# Rabbit enclosure is infested with big rats



## Jea (Mar 13, 2021)

So, we knew something was eating the rabbits food this winter, and we started to fill feeders in the morning so the rabbits would eat during the day and there would less attractant at night.
I thought maybe there were some mice possibly getting into their enclosure to still get to the droppings or some food, but yesterday morning I was feeding them and a face popped out of the hole in the ground.  I fed the rabbits and walked away but then after a few minutes I walked back to the area and I saw so many rats coming in and out of the holes in the ground. It looked like there could be a lot of them.  We proceeded to remove the rabbits from the outside enclosure and this morning they are in our breezeway in a extra large dog crate with hay on the bottom.  I'm sure they aren't happy.

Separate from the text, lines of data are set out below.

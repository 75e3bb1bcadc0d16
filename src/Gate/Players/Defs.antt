-- ===== src/Gate/Players/Defs.antt =====
-- A relation between the IDs of the kept sessions and their players, and when it carries over.
use test_go_server.Prelude.{
  ℕ, ◌≡◌, ap, sym, subst, ◌∙◌, some, Bool, true, false, ◌==◌, if◌then◌else◌, arith, inl, inr,
  lookup, delete, lookup-insert, lookup-delete, Bool-cases, ==_iff, List,
}
use test_go_server.Gate.State.{Session, Gate, put_session}
use test_go_server.Gate.Invariant.Defs.{Same}

-- Every session is kept under its own ID, and K holds of the ID and the session's player; it holds
-- of every ID and 0, which is no player.
pub record Players (K : ℕ → ℕ → Type 0) (g : Gate) : Type 0 where
  pub nobody : (id : ℕ) → K id 0
  pub known :
      (k : ℕ) (s : Session) → lookup k g.by_session ≡ some s → (s.id ≡ k) × K s.id s.player_id

pub Players-map :
    {K L : ℕ → ℕ → Type 0} {g : Gate}
    → ((id player : ℕ) → K id player → L id player)
    → Players K g
    → Players L g
Players-map f v = record {
  nobody = λ id. f id 0 (v.nobody id);
  known = λ k s e. let (keyed, has) = v.known k s e in (keyed, f s.id s.player_id has);
}

pub Players-Same : {K : ℕ → ℕ → Type 0} {g h : Gate} → Same g h → Players K g → Players K h
Players-Same p v = record {
  nobody = v.nobody;
  known = λ k s e. v.known k s (ap (lookup k) (sym p.sessions) ∙ e);
}

pub Players-if :
    {K : ℕ → ℕ → Type 0} {x y : Gate} (b : Bool)
    → Players K x
    → Players K y
    → Players K (if b then x else y)
Players-if true p q = p
Players-if false p q = q

-- A session whose player is known is put under its ID; the player index and the next ID are no
-- matter.
pub Players-put :
    {K : ℕ → ℕ → Type 0} (g : Gate) (s : Session)
    → K s.id s.player_id
    → Players K g
    → Players K (put_session s g)
Players-put {K} g s has v = record {
  nobody = v.nobody;
  known = λ k t e. elim (Bool-cases (s.id == k)) [
    | inl here ↦
        let same : s ≡ t = ground (arith, lookup-insert s.id k s g.by_session) in
        let keyed : s.id ≡ k = (==_iff s.id k).0 here in
        subst (λ r. (r.id ≡ k) × K r.id r.player_id) same (keyed, has)
    | inr other ↦
        let old : lookup k g.by_session ≡ some t =
          ground (arith, lookup-insert s.id k s g.by_session) in
        v.known k t old
  ];
}

pub Players-delete :
    {K : ℕ → ℕ → Type 0} (g : Gate) (id : ℕ) (m : List (ℕ × ℕ))
    → Players K g
    → Players K (record g { by_player = m; by_session = delete id g.by_session })
Players-delete g id m v = record {
  nobody = v.nobody;
  known = λ k s e.
      let old : lookup k g.by_session ≡ some s = ground (arith, lookup-delete id k g.by_session) in
      v.known k s old;
}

How would you handle these rats? Our plan was to remove the rabbits so we stop the daily food source, then maybe destroy the holes all over the enclosure and lay hardware cloth on the ground of the enclosure. (the rabbits live in a 12' x 24' enclosure with hardware cloth on all sides but a dirt floor.)

Do you think the floor of hardware cloth would keep the rats out?


----------



## Grant (Mar 13, 2021)

I’d stuff the holes full of rat poison and move the rabbit enclosure.  But that’s me.


----------



## Jesusfreak101 (Mar 13, 2021)

Rats can chew through alot of things if they really want in. I seen them go through really thick plastic so I am not sure if they could get through the hard cloth or not i guess it would depend on their determination. I would almost whether a move bunnies if possible or make the floor concrete.


----------



## B&B Happy goats (Mar 13, 2021)

Poison the rat colony (many more are in there  than you are seeing ).....and move your rabbits 4 foot off the ground in strong hutchs......the rats have a free food  source and soon will be chomping on your rabbits, I have seen it happen before  and it was ugly


----------



## Jea (Mar 13, 2021)

B&B Happy goats said:


> Poison the rat colony (many more are in there  than you are seeing ).....and move your rabbits 4 foot off the ground in strong hutchs......the rats have a free food  source and soon will be chomping on your rabbits, I have seen it happen before  and it was ugly


yes, that is what I was scared about. we aren't going to put them near that enclosure until we have altered it and the rats are gone. thanks for the reply


----------



## Stephine (Mar 17, 2021)

Please don’t poison the rats - any predator picking up a poisoned rat will get poisoned, too. You can trap them. Going forward, if it was me, I would build a rat proof enclosure for the rabbits. You can still have an outdoor area, just don’t feed them there. Since rabbits should mostly eat hay (or fresh grass and weeds) if they are used to it, and hay is not interesting to rats, it shouldn’t be a problem. The little pellet feed you want to supplement with they can eat at night or early morning, in their rat free space. I would also get a good dog that will go after the rats but not the bunnies. Good luck!!!


----------



## Grizzlyhackle (Mar 17, 2021)

@Jea victor rat traps sometimes aren't fast enough for the rats. Vet told me plug all the holes but one and run something from your  vehicle exhaust down the open one to suffocate them. I didn't try it couldn't get the car close enough. I plugged the holes and went with the garden hose. Rat dug out in a different spot with me standing there. Dogs weren't fast enough. So I adjusted the rat trap to make it super touchy. Trap hit it's face but didn't catch it. I found it dead by my back door. Hardware cloth should work but a determined rats a tough and resourceful critter. Luckily I only had the one. You've got a colony it's gonna take patience and thought. Good luck.  No anybody with a ferret? You are going to have kill each of them, just moving the food and they'll be in your house next. I saw it happen.


----------



## farmerjan (Mar 17, 2021)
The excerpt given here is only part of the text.